The bodies were found in bags on the Celaya-Salamanca highway.

The dismembered bodies of four police officers kidnapped in a raid on a police station in Guanajuato on Wednesday were found in plastic bags on Friday.

The bodies of the Villagrán municipal police were found in bags abandoned on the side of the Salamanca-Celaya highway.

The municipality of Villagrán posted a black ribbon and two death notices with the names of the fallen officers on social media, including three others killed in Wednesday’s attack, and expressions of solidarity for the families of the victims.

A judge who was also kidnapped in the raid was released alive and with minor injuries.

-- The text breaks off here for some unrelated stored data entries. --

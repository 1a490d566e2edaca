-- ===== src/Gate/Postgres/Written.antt =====
-- internal/application/gate/postgres_repository.go: what the writes of an audited transition do to a
-- database that shows a memory.
use keelmesh.Prelude.{
  ℕ, String, true, ◌≡◌, inl, inr, refl, sym, ap, ◌∙◌, subst, Option, none, some, ◌==◌,
  if◌then◌else◌, Bool-cases, List, [], ◌∷◌, ◌++◌, map, lookup, insert, lookup-insert, eq_iff,
  is_some, ok, Error, arith,
}
use mathlib.Core.List.{map-append}
use keelmesh.Gate.Types.{TaskRecord, AuditEvent}
use keelmesh.Gate.Memory.{Outside, Memory, append, events_of, stamp}
use keelmesh.Gate.Service.{plain_event}
use keelmesh.Gate.Local.{stored, logged}
use keelmesh.Gate.Postgres.{Row, Codec, Sql, row_of, dated, wrapped, and_then}
use keelmesh.Gate.Postgres.Laws.{SqlLaws, Holds, Shows, state_column, row_of-HasColumns}

module _ {W : Type 0} where
  pub wrapped_ok :
      (text : String) (args : List String) (res : W × Option Error) (tx : W)
      → wrapped text args res ≡ (tx, none)
      → (res.1 ≡ none) × (res.0 ≡ tx)
  wrapped_ok text args (w, none) tx e = (refl, ap (λ r. r.0) e)
  wrapped_ok text args (w, some failure) tx e = absurd (ground (arith, ap (λ r. r.1) e))

  pub wrapped_done :
      (text : String) (args : List String) (res : W × Option Error) (tx : W)
      → wrapped text args res ≡ (tx, none)
      → res ≡ (tx, none)
  wrapped_done text args (w, none) tx e = e
  wrapped_done text args (w, some failure) tx e = absurd (ground (arith, ap (λ r. r.1) e))

  pub and_then_ok :
      (res : W × Option Error) (next : W → W × Option Error) (tx : W)
      → and_then res next ≡ (tx, none)
      → (mid : W) × (res ≡ (mid, none)) × (next mid ≡ (tx, none))
  and_then_ok (w, none) next tx e = (w, refl, e)
  and_then_ok (w, some failure) next tx e = absurd (ground (arith, ap (λ r. r.1) e))

abbrev pub state_of? : Option TaskRecord → Option String
state_of? none = none
state_of? (some task) = some task.state

pub Holds-state :
    (codec : Codec) (r : Option Row) (t : Option TaskRecord)
    → Holds codec r t
    → state_column r ≡ state_of? t
Holds-state codec none none h = refl
Holds-state codec (some row) (some task) h = ap some h.2.state_column
Holds-state codec none (some task) h = absurd h
Holds-state codec (some row) none h = absurd h

Holds-some :
    (codec : Codec) (r : Option Row) (t : TaskRecord) → Holds codec r (some t) → is_some r ≡ true
Holds-some codec (some row) t h = refl
Holds-some codec none t h = absurd h

abbrev plain : List AuditEvent → List AuditEvent
plain = map plain_event

module _ {W : Type 0} {sql : Sql W} (codec : Codec) (laws : SqlLaws W sql) (uuid : String) (now : ℕ)
    (o : Outside) (w : W) (m : Memory) (shows : Shows codec laws w m) (id : String)
    (task : TaskRecord) (event : AuditEvent) where
  module _ (text : String) (encoded : codec.marshal task.metadata ≡ ok text) (old : TaskRecord)
      (found : lookup id m.tasks ≡ some old) where
    abbrev u : W
    u = (sql.update_task w id (row_of text task)).0

    abbrev tx : W
    tx = (sql.insert_audit u (dated uuid now event)).0

    module _ (updated : (sql.update_task w id (row_of text task)).1 ≡ none)
        (inserted : (sql.insert_audit u (dated uuid now event)).1 ≡ none) where
      row-tx :
          (j : String) → laws.row tx j ≡ (if id == j then some (row_of text task) else laws.row w j)
      row-tx j =
          let there =
            Holds-some codec (laws.row w id) old
              (subst (Holds codec (laws.row w id)) found (shows.rows id)) in
          laws.audit_row u (dated uuid now event) j inserted
          ∙ laws.update_row w id j (row_of text task) updated
          ∙ ground (arith, there)

      rows-tx : (j : String) → Holds codec (laws.row tx j) (lookup j (insert id task m.tasks))
      rows-tx j = elim (Bool-cases (id == j)) [
        | inl hit ↦
            let left : laws.row tx j ≡ some (row_of text task) = ground (arith, row-tx j) in
            let right : lookup j (insert id task m.tasks) ≡ some task =
              ground (arith, lookup-insert id j task m.tasks) in
            subst (λ r. Holds codec r (lookup j (insert id task m.tasks))) (sym left)
              (subst (Holds codec (some (row_of text task))) (sym right)
                (text, encoded, row_of-HasColumns text task))
        | inr miss ↦
            let left : laws.row tx j ≡ laws.row w j = ground (arith, row-tx j) in
            let right : lookup j (insert id task m.tasks) ≡ lookup j m.tasks =
              ground (arith, lookup-insert id j task m.tasks) in
            subst (λ r. Holds codec r (lookup j (insert id task m.tasks))) (sym left)
              (subst (Holds codec (laws.row w j)) (sym right) (shows.rows j))
      ]

      trail-tx :
          (j : String)
          → laws.trail tx j ≡ (
              if event.task_id == j
              then laws.trail w j ++ dated uuid now event ∷ []
              else laws.trail w j)
      unfolding dated
      trail-tx j = ground (
        arith,
        laws.audit_trail u (dated uuid now event) j inserted,
        laws.update_trail w id j (row_of text task) updated,
      )

      events_of-tx :
          (j : String)
          → events_of j (logged o (stored m id task) (plain_event event)).events ≡ (
              if event.task_id == j
              then events_of j m.events ++ stamp o m.appended (plain_event event) ∷ []
              else events_of j m.events)
      unfolding append events_of
      events_of-tx j =
          let items =
            events_of event.task_id m.events ++ stamp o m.appended (plain_event event) ∷ [] in
          ground (
            arith,
            lookup-insert event.task_id j items m.events,
            eq_iff event.task_id j,
            ap (λ k. lookup k m.events),
          )

      trails-tx :
          (j : String)
          → plain (laws.trail tx j)
            ≡ plain (events_of j (logged o (stored m id task) (plain_event event)).events)
      unfolding dated stamp
      trails-tx j = elim (Bool-cases (event.task_id == j)) [
        | inl hit ↦
            let before = laws.trail w j in
            let after = events_of j m.events in
            let left : laws.trail tx j ≡ before ++ dated uuid now event ∷ [] =
              trail-tx j ∙ rw hit refl in
            let right =
              events_of-tx j
              ∙ ap (λ b. if b then after ++ stamp o m.appended (plain_event event) ∷ [] else after)
                  hit in
            ap plain left
            ∙ map-append plain_event before (dated uuid now event ∷ [])
            ∙ ap (λ xs. xs ++ plain_event event ∷ []) (shows.trails j)
            ∙ sym (map-append plain_event after (stamp o m.appended (plain_event event) ∷ []))
            ∙ sym (ap plain right)
        | inr miss ↦
            let left : laws.trail tx j ≡ laws.trail w j = trail-tx j ∙ rw miss refl in
            let right : events_of j (logged o (stored m id task) (plain_event event)).events
                ≡ events_of j m.events =
              events_of-tx j ∙ rw miss refl in
            ap plain left ∙ shows.trails j ∙ sym (ap plain right)
      ]

      pub written : Shows codec laws tx (logged o (stored m id task) (plain_event event))
      unfolding append
      written = record { rows = rows-tx; trails = trails-tx }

The Villagrán government canceled the town’s Christmas parade as a result of the attack, which was followed up with a photo on social media Friday. It showed four men presumed to have been the four kidnapped officers surrounded by armed civilians.

Guanajuato Governor Diego Sinhue Rodríguez Vallejo said that such videos are part of a strategy of criminal groups to cause fear and panic and announced the arrival of more officers of the National Guard to reinforce security in Villagrán.

National Guard chief Luis Rodríguez Bucio arrived in Guanajuato on Friday on orders by President López Obrador to supervise security operations and oversee the deployment of more security forces in the state.

They will be deployed in municipalities with the most security problems, which are Salamanca, Villagrán, Celaya, Cortazar, Juventino Rosas and Los Apaseos.

Guanajuato Security Commissioner Sophia Huett López said the identities of the gunmen who carried out Wednesday’s attack are still unknown.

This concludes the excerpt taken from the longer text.